Undoubtedly, the offence of murder is one of the most serious, if not the most serious, offence in the Penal Code. There is constitutional justification for depriving the right to liberty of a person arrested or being detained for allegedly committing any serious offence.
In the case of DPP v District Magistrate of Port Louis and another (1997) SCJ (Mauritius) the Court observed that –
The established practice of our courts hasbeen consistently to refuse bail to an accused who is formally charged with murder unless there are compelling reasons to decide otherwise ....... such a compelling reason existed, it is noted, in the case of The Police v G Duval since the late Sir Gaetan Duval was prosecuted in 1989 for the offence of murder which had allegedly been committed since 18 years back in 1971.
A similar view was expressed by Simpson CJ in the case of Ngui v Republic of Kenya  LRC (Const) 308 -
The practice in Kenya, as in England, is that bail should not as a general rule be granted in cases of murder, particularly since in Kenya, unlike in England, that offence carries the death penalty and the accused may be subject to the temptation to abscond or "jump-bail".

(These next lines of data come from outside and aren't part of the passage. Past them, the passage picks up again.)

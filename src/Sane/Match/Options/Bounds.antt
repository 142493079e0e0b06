-- ===== src/Sane/Match/Options/Bounds.antt =====
-- The table of actions after sane_find_matching_options of src/scanbd/sane.c.
use scanbd.Prelude.{
  ℕ, zero, suc, ◌+◌, ◌-◌, ◌≤◌, ◌<◌, ◌≡◌, refl, sym, ap, ◌∙◌, inl, inr, Bool, true, false, Option,
  some, List, [], ◌∷◌, Bool-cases, Option-cases, ==_false, ◌==◌, is_neg, take, set, store-set,
  get_elem?-lt, All, Distinct, arith,
}
use mathlib.Core.Option
use scanbd.Sane.Types.{Descriptor, Driver, Regex, ValueType, Thread, DevOption, Action, Section}
use scanbd.Sane.Value.Read.{get_sane_option_value}
use scanbd.Sane.Match.Search.{candidate, candidate-type, Slot, find_number-first}
use scanbd.Sane.Match.Tables.{
  InRange, IsTable, numbers, count_after, Slot-le, Slot-room, enter-IsTable, enter-Distinct,
  All-enter,
}
use scanbd.Sane.Match.Options.Entry.{
  is_ready, HasTypes, NeverNegative, read-is_set, new_entry-is_ready,
}
use scanbd.Sane.Match.Options.{
  slot_for, write_option, install_action, action_option, action_options, one_action, all_actions,
  sane_find_matching_options,
}

-- The option numbers of the actions in use.
abbrev pub option_numbers : Thread → List ℕ
option_numbers st = numbers DevOption.number st.num_of_options_with_scripts st.opts

-- Without multiple actions no option has two.
pub record OptionsValid (multiple : Bool) (ty : ℕ → Option ValueType) (st : Thread) : Type 0 where
  pub table : IsTable DevOption.number st.num_of_options st.num_of_options_with_scripts st.opts
  pub distinct : multiple ≡ false → Distinct (option_numbers st)
  pub ready :
      All (λ o. is_ready (ty o.number) o ≡ true) (take st.num_of_options_with_scripts st.opts)

-- Only the table of actions has changed.
abbrev pub Frame : Thread → Thread → Type 0
Frame st st' =
    st'
    ≡ record st { opts = st'.opts; num_of_options_with_scripts = st'.num_of_options_with_scripts }

Frame-trans : (s t u : Thread) → Frame s t → Frame t u → Frame s u
Frame-trans s t u f g =
    g
    ∙ ap
        (λ (x : Thread). record x {
          opts = u.opts;
          num_of_options_with_scripts = u.num_of_options_with_scripts;
        })
        f

-- Where an action may be entered: inside the array, unless the array is full.
abbrev IsSlot : Bool → Thread → ℕ → ℕ → Type 0
IsSlot multiple st opt n =
    (n ≤ st.num_of_options_with_scripts)
    × ((multiple ≡ false)
        → (n < st.num_of_options) × Slot st.num_of_options_with_scripts (option_numbers st) opt n)

pub slot_for-single : (n count i : ℕ) → slot_for false n count i ≡ i
unfolding slot_for
slot_for-single n count i = ground arith

pub slot_for-multiple : (n count i : ℕ) → i ≤ count → count ≤ n → slot_for true n count i ≡ count
unfolding slot_for
slot_for-multiple n count i h k = ground arith

-- What a function that returns the device and a thread keeps: it does not fault, the table of
-- actions stays valid, and nothing else of the thread changes.
abbrev pub Keeps :
    {D : Type 0} → Bool → (ℕ → Option ValueType) → Thread → Option (D × Thread) → Type 0
Keeps {D} multiple ty st r =
    (d' : D) × (st' : Thread) × (r ≡ some (d', st')) × OptionsValid multiple ty st' × Frame st st'

module _ (multiple : Bool) (ty : ℕ → Option ValueType) where
  slot_for-IsSlot :
      (st : Thread) (opt i : ℕ)
      → OptionsValid multiple ty st
      → InRange st.num_of_options opt
      → Slot st.num_of_options_with_scripts (option_numbers st) opt i
      → IsSlot multiple st opt
          (slot_for multiple st.num_of_options st.num_of_options_with_scripts i)
  slot_for-IsSlot st opt i v o slot = elim (Bool-cases multiple) [
    | inl many ↦
        rw (many, slot_for-multiple _ _ i (Slot-le _ opt _ slot) v.table.used)
          (omega arith, λ e. cc)
    | inr one ↦
        rw (one, slot_for-single st.num_of_options st.num_of_options_with_scripts i)
          (
            Slot-le _ opt _ slot,
            λ _. (
              Slot-room DevOption.number st.num_of_options st.num_of_options_with_scripts opt
                  st.opts v.table (v.distinct one) o slot,
              slot,
            ),
          )
  ]

module _ {D : Type 0} (sane : Driver D) (re : Regex) (multiple : Bool) (ty : ℕ → Option ValueType)
    (typed : HasTypes sane ty) (compiles : NeverNegative re) where
  pub write_option-Keeps :
      (d : D) (st : Thread) (action : Action) {odesc : Descriptor} (opt n : ℕ)
      → OptionsValid multiple ty st
      → InRange st.num_of_options opt
      → candidate re action.filter (sane.descriptor d opt) ≡ some odesc
      → IsSlot multiple st opt n
      → Keeps multiple ty st (write_option sane re multiple d st action odesc opt n)
  unfolding write_option
  write_option-Keeps d st action {odesc} opt n v o c s =
      elim (Bool-cases (n == st.num_of_options)) [
        | inl full ↦ (d, st, rw full, v, refl)
        | inr space ↦
            let t = v.table in
            let room : n < st.num_of_options =
              omega (arith, s.0, t.used, ==_false n st.num_of_options space) in
            let (found, accepted) = candidate-type re action.filter (sane.descriptor d opt) c in
            let (old, eo) = get_elem?-lt st.opts n (omega (arith, room, t.array)) in
            let (value, d') = get_sane_option_value sane d opt in
            let (entry, en, number, ready) =
              new_entry-is_ready re action odesc opt old value compiles accepted
                (read-is_set sane d opt found) in
            let stored = store-set st.opts n entry (omega (arith, room, t.array)) in
            let typed_as : ty opt ≡ some odesc.type =
              sym (typed d opt) ∙ ap (Option.map Descriptor.type) found in
            (
              d',
              record st {
                opts = set st.opts n entry;
                num_of_options_with_scripts = count_after n st.num_of_options_with_scripts;
              },
              ground (arith, eo, en, stored),
              record {
                table = enter-IsTable DevOption.number _ _ opt st.opts entry t number o room s.0;
                distinct = λ one.
                    enter-Distinct DevOption.number st.num_of_options st.num_of_options_with_scripts
                      opt st.opts entry t number room (s.1 one).1 (v.distinct one);
                ready =
                    All-enter DevOption.number (λ e. is_ready (ty e.number) e ≡ true)
                      st.num_of_options_with_scripts st.opts entry (omega (arith, room, t.array))
                      s.0 (rw (number, typed_as) ready) v.ready;
              },
              refl,
            )
      ]

  pub action_option-Keeps :
      (action : Action) (opt : ℕ) (d : D) (st : Thread)
      → OptionsValid multiple ty st
      → InRange st.num_of_options opt
      → Keeps multiple ty st (action_option sane re multiple action opt d st)
  unfolding action_option install_action
  action_option-Keeps action opt d st v o =
      elim (Option-cases (candidate re action.filter (sane.descriptor d opt))) [
        | inl e ↦ rw (e, action_option) (d, st, refl, v, refl)
        | inr (odesc, e) ↦
            let (i, found, slot) =
              find_number-first DevOption.number st.num_of_options_with_scripts st.opts opt
                (omega (arith, v.table.array, v.table.used)) in
            rw (e, action_option)
              (rw found (
                write_option-Keeps d st action opt _ v o e
                  (slot_for-IsSlot multiple ty st opt i v o slot)))
      ]

  pub action_options-Keeps :
      (action : Action) (k opt : ℕ) (d : D) (st : Thread)
      → OptionsValid multiple ty st
      → 0 < opt
      → opt + k ≤ st.num_of_options
      → Keeps multiple ty st (action_options sane re multiple action k opt d st)
  unfolding action_options
  action_options-Keeps action zero opt d st v p h = (d, st, refl, v, refl)
  action_options-Keeps action (suc k) opt d st v p h =
      let (d', st', e, v', f) = action_option-Keeps action opt d st v (p, omega arith) in
      let (d'', st'', e', v'', f') =
        action_options-Keeps action k (suc opt) d' st' v' (omega arith)
          (omega (arith, h, ap Thread.num_of_options f)) in
      (d'', st'', rw e e', v'', Frame-trans st st' st'' f f')

  pub one_action-Keeps :
      (action : Action) (d : D) (st : Thread)
      → OptionsValid multiple ty st
      → 0 < st.num_of_options
      → Keeps multiple ty st (one_action sane re multiple action d st)
  unfolding one_action
  one_action-Keeps action d st v p = elim (Bool-cases (is_neg (re.regcomp action.filter))) [
    | inl e ↦ rw e (d, st, refl, v, refl)
    | inr e ↦
        rw e
          (action_options-Keeps action (st.num_of_options - 1) 1 d st v (omega arith) (omega arith))
  ]

  pub all_actions-Keeps :
      (actions : List Action) (d : D) (st : Thread)
      → OptionsValid multiple ty st
      → 0 < st.num_of_options
      → Keeps multiple ty st (all_actions sane re multiple actions d st)
  unfolding all_actions
  all_actions-Keeps [] d st v p = (d, st, refl, v, refl)
  all_actions-Keeps (action ∷ actions) d st v p =
      let (d', st', e, v', f) = one_action-Keeps action d st v p in
      let (d'', st'', e', v'', f') =
        all_actions-Keeps actions d' st' v' (omega (arith, p, ap Thread.num_of_options f)) in
      (d'', st'', rw e e', v'', Frame-trans st st' st'' f f')

  -- Started on a valid table of a device with an option, sane_find_matching_options never reads
  -- or writes outside st->opts and meets no failing assertion: it returns, it changes nothing of
  -- the thread but that table, and the table is valid again. So every entry in use has a script
  -- that is not empty, and one for a string option has both regular expressions and a value;
  -- without multiple actions no option has two entries. The conditions are that the type of an
  -- option does not change while its device is open, and that regcomp returns no negative
  -- number.
  pub sane_find_matching_options-Keeps :
      (d : D) (st : Thread) (sec : Section)
      → OptionsValid multiple ty st
      → 0 < st.num_of_options
      → Keeps multiple ty st (sane_find_matching_options sane re multiple d st sec)
  unfolding sane_find_matching_options
  sane_find_matching_options-Keeps d st sec v p = all_actions-Keeps sec.actions d st v p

……. In all cases such as the present, lengthy adjournments should be avoided and undue consideration should not be given to the convenience of advocates when the accused is facing a possible death penalty.
In Seychelles the offences of murder and treason were brought under the general category of "serious offence" so that those offenders would not be singled out for discrimination in terms of the right to equal protection of the law. Hence the Court is now able to use its discretion generally. But although the death penalty has been abolished in Seychelles, the possibility of an accused faced with a possibility of a sentence of life imprisonment absconding cannot be underestimated.
In the exercise of its discretion a factor the Court may also consider is the right of the accused to a "fair hearing within a reasonable time" as contained in article 19 of the Constitution. The offence the accused is charged with was allegedly committed on 28 September 1999. The trial commenced on 22 November 1999 and was aborted on 26 November 1999. Counsel for the accused submitted that the reason for stopping the trial was not attributable to any default on the part of the accused and hence this Court ought to consider the prejudice that would be caused to him consequent to any delay that would ensue. Although the term "reasonable time" has not been defined in the Constitution, for the purpose of exercising judicial discretion, what is a reasonable time between arrest and trial must depend on the circumstances of each case. In the case of R v Joachim Florentine (unreported) Criminal Side 167/1997 the accused, who was charged with the offence of murder, was on remand from 27 April 1997 until the trial was concluded on 17 July 1997 and was sentenced to life imprisonment. However the Court of Appeal set aside the conviction and sentence and ordered a re-trial. This Court, on a consideration of the prejudice caused to the accused consequent to the delay, granted bail on 6 April 1998.
However that order was subsequently vacated as the accused could not find two sureties to sign the bail bond. Hence he continued to be in custody until the trial de novo was concluded on 15 June 1998 and was once again convicted and sentenced to a term of life imprisonment.
In the present case, state counsel vehemently opposed the application for bail mainly on the ground that the order of the trial judge in the aborted trial was not appealable. That order is not in the case file before me, and in any event the appealability is a matter to be considered if and when an appeal is filed.
In the meantime, this Court would make necessary arrangements for the trial to commence within a reasonable time. On a consideration of the seriousness of the offence and on a consideration of the fact that there has not been any undue delay in this case, I refuse the application for bail.